Il turismo è un asset sul quale la Regione sta puntando in maniera importante, dal lancio del brand Let’s Marche alla promozione all’estero. Quali sono gli obiettivi per il 2024?

"Anche sul turismo registriamo dati positivi. Nel 2022 abbiamo registrato il dato record assoluto di turisti nelle Marche, numeri che tengono anche in questa stagione, con un aumento importante di turisti stranieri. Stiamo lavorando per promuovere le Marche su molti circuiti diversi e all’estero, per conquistare fette di mercati nuovi e di prossimità. Anche l’aeroporto ha registrato nel 2023 il secondo migliore dato di sempre relativo ai passeggeri. Rivendico l’importante risultato dell’ottenimento dei voli di continuità su Roma, Milano e Napoli, servizio pubblico per i marchigiani e le imprese, che accorcia le distanze dai principali hub. Allo stesso modo con l’Atim intendiamo sostenere e accompagnare i processi di internazionalizzazione specie delle realtà più piccole, che compongono gran parte del nostro tessuto imprenditoriale, rendendo sempre più competitiva l’eccellenza del made in Marche negli scenari internazionali".

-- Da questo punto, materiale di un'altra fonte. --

-- ===== src/Prelude/Rows.antt =====
-- A table as the list of its rows, whose primary keys are distinct, under an update of one row.
use Prim.Native.Nat.{ℕ, suc, ◌≤◌}
use mathlib.Core.Path.{◌≡◌, refl, sym, ap, ◌∙◌, subst}
use mathlib.Core.Logic.{◌≢◌, inl, inr}
use mathlib.Core.Bool.{Bool, true, false, ◌&&◌}
use mathlib.Core.List.{List, [], ◌∷◌}
use native.Mathlib.Omega.{arith}
use asdl_hub.Prelude.Tests.{◌==◌, ==_iff, if◌then◌else◌, Bool-cases}
use asdl_hub.Prelude.Lists.{All, In, update, select, length}

module _ {A : Type 0} where
  -- A row of the updated table is the image of a row.
  pub In-of_update :
      (p : A → Bool) (f : A → A) (a : A) (xs : List A)
      → In a (update p f xs)
      → (b : A) × In b xs × (a ≡ (if p b then f b else b))
  In-of_update p f a [] m = absurd m
  In-of_update p f a (x ∷ xs) (inl e) = (x, inl refl, e)
  In-of_update p f a (x ∷ xs) (inr m) = let (b, n, e) = In-of_update p f a xs m in (b, inr n, e)

  pub In-update :
      (p : A → Bool) (f : A → A) (b : A) (xs : List A)
      → In b xs
      → In (if p b then f b else b) (update p f xs)
  In-update p f b [] m = m
  In-update p f b (x ∷ xs) (inl e) = inl (ap (λ (r : A). if p r then f r else r) e)
  In-update p f b (x ∷ xs) (inr m) = inr (In-update p f b xs m)

  -- An update that makes no row pass a test adds none.
  pub length-select-update_le :
      (q : A → Bool) (p : A → Bool) (f : A → A) (xs : List A)
      → ((x : A) → In x xs → p x ≡ true → q (f x) ≡ true → q x ≡ true)
      → length (select q (update p f xs)) ≤ length (select q xs)
  length-select-update_le q p f [] h = omega arith
  length-select-update_le q p f (x ∷ xs) h =
      ground (arith, h x (inl refl), length-select-update_le q p f xs (λ y m. h y (inr m)))

module _ {A : Type 0} (key : A → ℕ) where
  abbrev pub DistinctKeys : List A → Type 0
  DistinctKeys [] = Unit
  DistinctKeys (x ∷ xs) = All (λ r. (key r == key x) ≡ false) xs × DistinctKeys xs

  absent_ne :
      (i : ℕ) (b : A) (xs : List A) → All (λ r. (key r == i) ≡ false) xs → In b xs → key b ≢ i
  absent_ne i b [] h m = absurd m
  absent_ne i b (x ∷ xs) h (inl e) = λ p. ground (arith, ap key e)
  absent_ne i b (x ∷ xs) h (inr m) = absent_ne i b xs h.1 m

  -- Two rows with one key are one row.
  pub row_unique :
      (a b : A) (xs : List A) → DistinctKeys xs → In a xs → In b xs → key a ≡ key b → a ≡ b
  row_unique a b [] d m n e = absurd m
  row_unique a b (x ∷ xs) d (inl p) (inl q) e = p ∙ sym q
  row_unique a b (x ∷ xs) d (inl p) (inr n) e =
      absurd (absent_ne (key x) b xs d.0 n (sym e ∙ ap key p))
  row_unique a b (x ∷ xs) d (inr m) (inl q) e = absurd (absent_ne (key x) a xs d.0 m (e ∙ ap key q))
  row_unique a b (x ∷ xs) d (inr m) (inr n) e = row_unique a b xs d.1 m n e

  update_absent :
      (i : ℕ) (p : A → Bool) (f : A → A) (xs : List A)
      → All (λ r. (key r == i) ≡ false) xs
      → update (λ r. key r == i && p r) f xs ≡ xs
  update_absent i p f [] h = refl
  update_absent i p f (x ∷ xs) h = ground (arith, update_absent i p f xs h.1)

  -- An update of one row adds at most that row to those that pass a test.
  pub length-select-update :
      (q : A → Bool) (i : ℕ) (p : A → Bool) (f : A → A) (xs : List A)
      → DistinctKeys xs
      → length (select q (update (λ r. key r == i && p r) f xs)) ≤ suc (length (select q xs))
  length-select-update q i p f [] d = omega arith
  length-select-update q i p f (x ∷ xs) d = elim (Bool-cases (key x == i)) [
    | inl same ↦
        let gone =
          update_absent i p f xs
            (subst (λ k. All (λ r. (key r == k) ≡ false) xs) ((==_iff (key x) i).0 same) d.0) in
        ground (arith, gone)
    | inr other ↦ ground (arith, length-select-update q i p f xs d.1)
  ]

module _ {A : Type 0} (key : A → ℕ) where
  absent-update :
      (k : ℕ) (p : A → Bool) (f : A → A) (xs : List A)
      → ((x : A) → key (f x) ≡ key x)
      → All (λ r. (key r == k) ≡ false) xs
      → All (λ r. (key r == k) ≡ false) (update p f xs)
  absent-update k p f [] same h = h
  absent-update k p f (x ∷ xs) same h = (
    elim (p x) as (λ b. (key (if b then f x else x) == k) ≡ false) [
      | true ↦ ground (arith, same x, h.0)
      | false ↦ h.0
    ],
    absent-update k p f xs same h.1,
  )

  -- An update that keeps the keys keeps them distinct.
  pub DistinctKeys-update :
      (p : A → Bool) (f : A → A) (xs : List A)
      → ((x : A) → key (f x) ≡ key x)
      → DistinctKeys key xs
      → DistinctKeys key (update p f xs)
  DistinctKeys-update p f [] same d = d
  DistinctKeys-update p f (x ∷ xs) same d = (
    subst (λ k. All (λ r. (key r == k) ≡ false) (update p f xs))
        (elim (p x) as (λ b. key x ≡ key (if b then f x else x)) [
          | true ↦ sym (same x)
          | false ↦ refl
        ])
        (absent-update (key x) p f xs same d.0),
    DistinctKeys-update p f xs same d.1,
  )

  select-absent :
      (k : ℕ) (p : A → Bool) (xs : List A)
      → ((x : A) → p x ≡ true → key x ≡ k)
      → All (λ r. (key r == k) ≡ false) xs
      → length (select p xs) ≡ 0
  select-absent k p [] own h = refl
  select-absent k p (x ∷ xs) own h = ground (arith, own x, h.0, select-absent k p xs own h.1)

  -- At most one row has a key.
  pub length-select_unique :
      (k : ℕ) (p : A → Bool) (xs : List A)
      → ((x : A) → p x ≡ true → key x ≡ k)
      → DistinctKeys key xs
      → length (select p xs) ≤ 1
  length-select_unique k p [] own d = omega arith
  length-select_unique k p (x ∷ xs) own d = elim (Bool-cases (p x)) [
    | inl hit ↦
        let gone =
          select-absent k p xs own
            (subst (λ j. All (λ r. (key r == j) ≡ false) xs) (own x hit) d.0) in
        ground (arith, gone)
    | inr miss ↦ ground (arith, length-select_unique k p xs own d.1)
  ]

module _ {A : Type 0} (key : A → ℕ) where
  -- Rows that were read at once are written back one after another: `f r x` is what the row x with the
  -- key of the read row r becomes.
  abbrev pub save_each : (A → A → A) → List A → List A → List A
  save_each f [] t = t
  save_each f (r ∷ rs) t = save_each f rs (update (λ x. key x == key r) (f r) t)

  save_absent :
      (r : A) (f : A → A) (t : List A)
      → All (λ x. (key x == key r) ≡ false) t
      → update (λ x. key x == key r) f t ≡ t
  save_absent r f [] h = refl
  save_absent r f (x ∷ t) h = ground (arith, save_absent r f t h.1)

  -- A row whose key none of the written rows has stays at the head.
  save_each-head :
      (f : A → A → A) (x : A) (rs t : List A)
      → All (λ r. (key r == key x) ≡ false) rs
      → save_each f rs (x ∷ t) ≡ x ∷ save_each f rs t
  save_each-head f x [] t h = refl
  save_each-head f x (r ∷ rs) t h =
      let other : (key x == key r) ≡ false = ground (arith, h.0) in
      rw other (save_each-head f x rs (update (λ y. key y == key r) (f r) t) h.1)

  All-select : (P : A → Type 0) (p : A → Bool) (xs : List A) → All P xs → All P (select p xs)
  All-select P p [] h = h
  All-select P p (x ∷ xs) h =
      elim (p x) as (λ b. All P (if b then x ∷ select p xs else select p xs)) [
        | true ↦ (h.0, All-select P p xs h.1)
        | false ↦ All-select P p xs h.1
      ]

  -- The rows that pass a test, read at once and written back one by one, are rewritten in place.
  pub save_each-select :
      (f : A → A → A) (p : A → Bool) (xs : List A)
      → DistinctKeys key xs
      → ((x : A) → key (f x x) ≡ key x)
      → save_each f (select p xs) xs ≡ update p (λ x. f x x) xs
  save_each-select f p [] d same = refl
  save_each-select f p (x ∷ xs) d same =
      let others = All-select (λ r. (key r == key x) ≡ false) p xs d.0 in
      let rest = save_each-select f p xs d.1 same in
      elim (Bool-cases (p x)) [
        | inl hit ↦
            let written : update (λ y. key y == key x) (f x) (x ∷ xs) ≡ f x x ∷ xs =
              ground (arith, save_absent x (f x) xs d.0) in
            let kept =
              save_each-head f (f x x) (select p xs) xs (
                subst (λ k. All (λ r. (key r == k) ≡ false) (select p xs)) (sym (same x)) others) in
            rw hit (ap (save_each f (select p xs)) written ∙ kept ∙ ap (λ r. f x x ∷ r) rest)
        | inr miss ↦ rw (miss, save_each-head f x (select p xs) xs others, rest) refl
      ]
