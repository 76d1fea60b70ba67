-- ===== src/Prelude/Sorting.antt =====
-- Go's sort.SliceStable and SQL's ORDER BY: a stable sort by a strict order given as a test.
use Prim.Native.Nat.{suc}
use mathlib.Core.Path.{◌≡◌, refl, ap, ◌∙◌}
use mathlib.Core.Logic.{◌⊎◌, inl, inr}
use mathlib.Core.Bool.{Bool, true, false}
use mathlib.Core.List.{List, [], ◌∷◌, Perm}
use mathlib.Core.List.Perm
use native.Mathlib.Omega.{arith}
use asdl_hub.Prelude.Tests.{if◌then◌else◌, Bool-cases}
use asdl_hub.Prelude.Lists.{All, In, length}

module _ {A : Type 0} (less : A → A → Bool) where
  -- The new element stands before those that are not less than it.
  pub insert_sorted : A → List A → List A
  insert_sorted x [] = x ∷ []
  insert_sorted x (y ∷ ys) =
      let later = insert_sorted x ys in if less y x then y ∷ later else x ∷ y ∷ ys

  unfoldable pub stable_sort : List A → List A
  unfolding insert_sorted
  stable_sort [] = []
  stable_sort (x ∷ xs) = insert_sorted x (stable_sort xs)

  -- No element is less than one that stands before it.
  abbrev pub IsSorted : List A → Type 0
  IsSorted [] = Unit
  IsSorted (x ∷ xs) = All (λ y. less y x ≡ false) xs × IsSorted xs

  insert_sorted-perm : (x : A) (ys : List A) → Perm (insert_sorted x ys) (x ∷ ys)
  unfolding insert_sorted
  insert_sorted-perm x [] = Perm.refl _
  insert_sorted-perm x (y ∷ ys) =
      elim (less y x)
        as (λ b. Perm (if b then y ∷ insert_sorted x ys else x ∷ y ∷ ys) (x ∷ y ∷ ys)) [
          | true ↦ Perm.trans (Perm.cons y (insert_sorted-perm x ys)) (Perm.swap x y ys)
          | false ↦ Perm.refl _
        ]

  pub stable_sort-perm : (xs : List A) → Perm (stable_sort xs) xs
  unfolding stable_sort
  stable_sort-perm [] = Perm.refl _
  stable_sort-perm (x ∷ xs) =
      Perm.trans (insert_sorted-perm x (stable_sort xs)) (Perm.cons x (stable_sort-perm xs))

  insert_sorted-In : (x a : A) (ys : List A) → In a (insert_sorted x ys) → (a ≡ x) ⊎ In a ys
  unfolding insert_sorted
  insert_sorted-In x a [] m = m
  insert_sorted-In x a (y ∷ ys) m = ground (arith, insert_sorted-In x a ys)

  In-insert_sorted : (x a : A) (ys : List A) → (a ≡ x) ⊎ In a ys → In a (insert_sorted x ys)
  unfolding insert_sorted
  In-insert_sorted x a [] m = m
  In-insert_sorted x a (y ∷ ys) m = ground (arith, In-insert_sorted x a ys)

  pub In-of_stable_sort : (a : A) (xs : List A) → In a (stable_sort xs) → In a xs
  unfolding stable_sort
  In-of_stable_sort a [] m = m
  In-of_stable_sort a (x ∷ xs) m = elim (insert_sorted-In x a (stable_sort xs) m) [
    | inl e ↦ inl e
    | inr n ↦ inr (In-of_stable_sort a xs n)
  ]

  pub In-stable_sort : (a : A) (xs : List A) → In a xs → In a (stable_sort xs)
  unfolding stable_sort
  In-stable_sort a [] m = m
  In-stable_sort a (x ∷ xs) (inl e) = In-insert_sorted x a (stable_sort xs) (inl e)
  In-stable_sort a (x ∷ xs) (inr m) =
      In-insert_sorted x a (stable_sort xs) (inr (In-stable_sort a xs m))

  length-insert_sorted : (x : A) (ys : List A) → length (insert_sorted x ys) ≡ suc (length ys)
  unfolding insert_sorted
  length-insert_sorted x [] = refl
  length-insert_sorted x (y ∷ ys) = ground (arith, length-insert_sorted x ys)

  pub length-stable_sort : (xs : List A) → length (stable_sort xs) ≡ length xs
  unfolding stable_sort
  length-stable_sort [] = refl
  length-stable_sort (x ∷ xs) =
      length-insert_sorted x (stable_sort xs) ∙ ap suc (length-stable_sort xs)

  -- What a sort by `less` relies on: a strict weak order.
  module _ (asym : (a b : A) → less a b ≡ true → less b a ≡ false)
      (not_less_trans : (a b c : A) → less a b ≡ false → less b c ≡ false → less a c ≡ false) where
    All-not_less :
        (x y : A) (zs : List A)
        → less y x ≡ false
        → All (λ z. less z y ≡ false) zs
        → All (λ z. less z x ≡ false) zs
    All-not_less x y [] h k = tt
    All-not_less x y (z ∷ zs) h k = (not_less_trans z y x k.0 h, All-not_less x y zs h k.1)

    All-insert_sorted :
        (x y : A) (zs : List A)
        → less x y ≡ false
        → All (λ z. less z y ≡ false) zs
        → All (λ z. less z y ≡ false) (insert_sorted x zs)
    unfolding insert_sorted
    All-insert_sorted x y [] h k = (h, tt)
    All-insert_sorted x y (z ∷ zs) h k = ground (arith, All-insert_sorted x y zs h k.1)

    insert_sorted-IsSorted : (x : A) (ys : List A) → IsSorted ys → IsSorted (insert_sorted x ys)
    unfolding insert_sorted
    insert_sorted-IsSorted x [] h = (tt, tt)
    insert_sorted-IsSorted x (y ∷ ys) h = elim (Bool-cases (less y x)) [
      | inl lower ↦ ground (
        arith,
        asym y x,
        All-insert_sorted x y ys (asym y x lower) h.0,
        insert_sorted-IsSorted x ys h.1,
      )
      | inr higher ↦ ground (arith, All-not_less x y ys higher h.0)
    ]

    pub stable_sort-IsSorted : (xs : List A) → IsSorted (stable_sort xs)
    unfolding stable_sort
    stable_sort-IsSorted [] = tt
    stable_sort-IsSorted (x ∷ xs) =
        insert_sorted-IsSorted x (stable_sort xs) (stable_sort-IsSorted xs)
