-- ===== src/Prelude/GoMap.antt =====
-- Go's `map[K]V` as an association list with one entry for a key. The source never depends on the
-- order in which a map is walked.
use Prim.Native.Nat.{ℕ}
use mathlib.Core.Path.{◌≡◌, refl}
use mathlib.Core.Logic.{◌↔◌}
use mathlib.Core.Bool.{Bool, true}
use mathlib.Core.Option.{Option, none, some}
use mathlib.Core.List.{List, [], ◌∷◌}
use native.Mathlib.Omega.{arith}
use asdl_hub.Prelude.Tests.{if◌then◌else◌, ◌==◌, ==_iff}

pub record KeyEq (K : Type 0) : Type 0 where
  pub same : K → K → Bool
  pub same_iff : (a b : K) → (same a b ≡ true) ↔ (a ≡ b)

instance abbrev pub nat_key : KeyEq ℕ
nat_key = record { same = ◌==◌; same_iff = ==_iff }

abbrev pub GoMap : Type 0 → Type 0 → Type 0
GoMap K V = List (K × V)

module _ {K V : Type 0} ⦃e : KeyEq K⦄ where
  unfoldable pub find : K → GoMap K V → Option V
  find k [] = none
  find k ((j, v) ∷ m) = let rest = find k m in if e.same j k then some v else rest

  -- delete(m, k)
  unfoldable pub remove : K → GoMap K V → GoMap K V
  remove k [] = []
  remove k ((j, v) ∷ m) = let rest = remove k m in if e.same j k then rest else (j, v) ∷ rest

  -- m[k] = v
  unfoldable pub put : K → V → GoMap K V → GoMap K V
  put k v m = (k, v) ∷ remove k m

  find_hit : (j k : K) (v : V) (m : GoMap K V) → j ≡ k → find k ((j, v) ∷ m) ≡ some v
  unfolding find
  find_hit j k v m h = ground (arith, e.same_iff j k)

  pub find-remove :
      (k j : K) (m : GoMap K V) → find j (remove k m) ≡ (if e.same k j then none else find j m)
  unfolding find remove
  find-remove k j [] = ground arith
  find-remove k j ((i, v) ∷ m) =
      ground (arith, find-remove k j m, e.same_iff i k, e.same_iff i j, e.same_iff k j)

  pub find-put :
      (k j : K) (v : V) (m : GoMap K V)
      → find j (put k v m) ≡ (if e.same k j then some v else find j m)
  unfolding find put
  find-put k j v m = ground (arith, find-remove k j m)

pub find-empty : {K V : Type 0} ⦃e : KeyEq K⦄ (k : K) → find {K = K} {V = V} k [] ≡ none
unfolding find
find-empty k = refl

pub ruleset map_laws = (find-empty, find-remove, find-put)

Marche: cultura, talento, arte, ambiente ed enogastronomia. La grande bellezza e grandi personaggi nella storia d’Italia e del mondo. Come valorizzare questo patrimonio?

"Abbiamo chiuso l’anno rappresentando l’Italia a Parigi per la candidatura a patrimonio Unesco della cucina italiana. E il 2024 si è aperto con Pesaro Capitale italiana della cultura. Le Marche tutte, unica regione plurale, sono terra di culture, talenti, ingegno e da sempre esprimono personaggi che hanno saputo fare la storia. Dalle Marche vengono personaggi come Leopardi, Raffaello, Rossini, Bramante, Mattei, Strampelli, Montessori, per citarne alcuni. Un’eredità che dobbiamo preservare, tutelare e promuovere".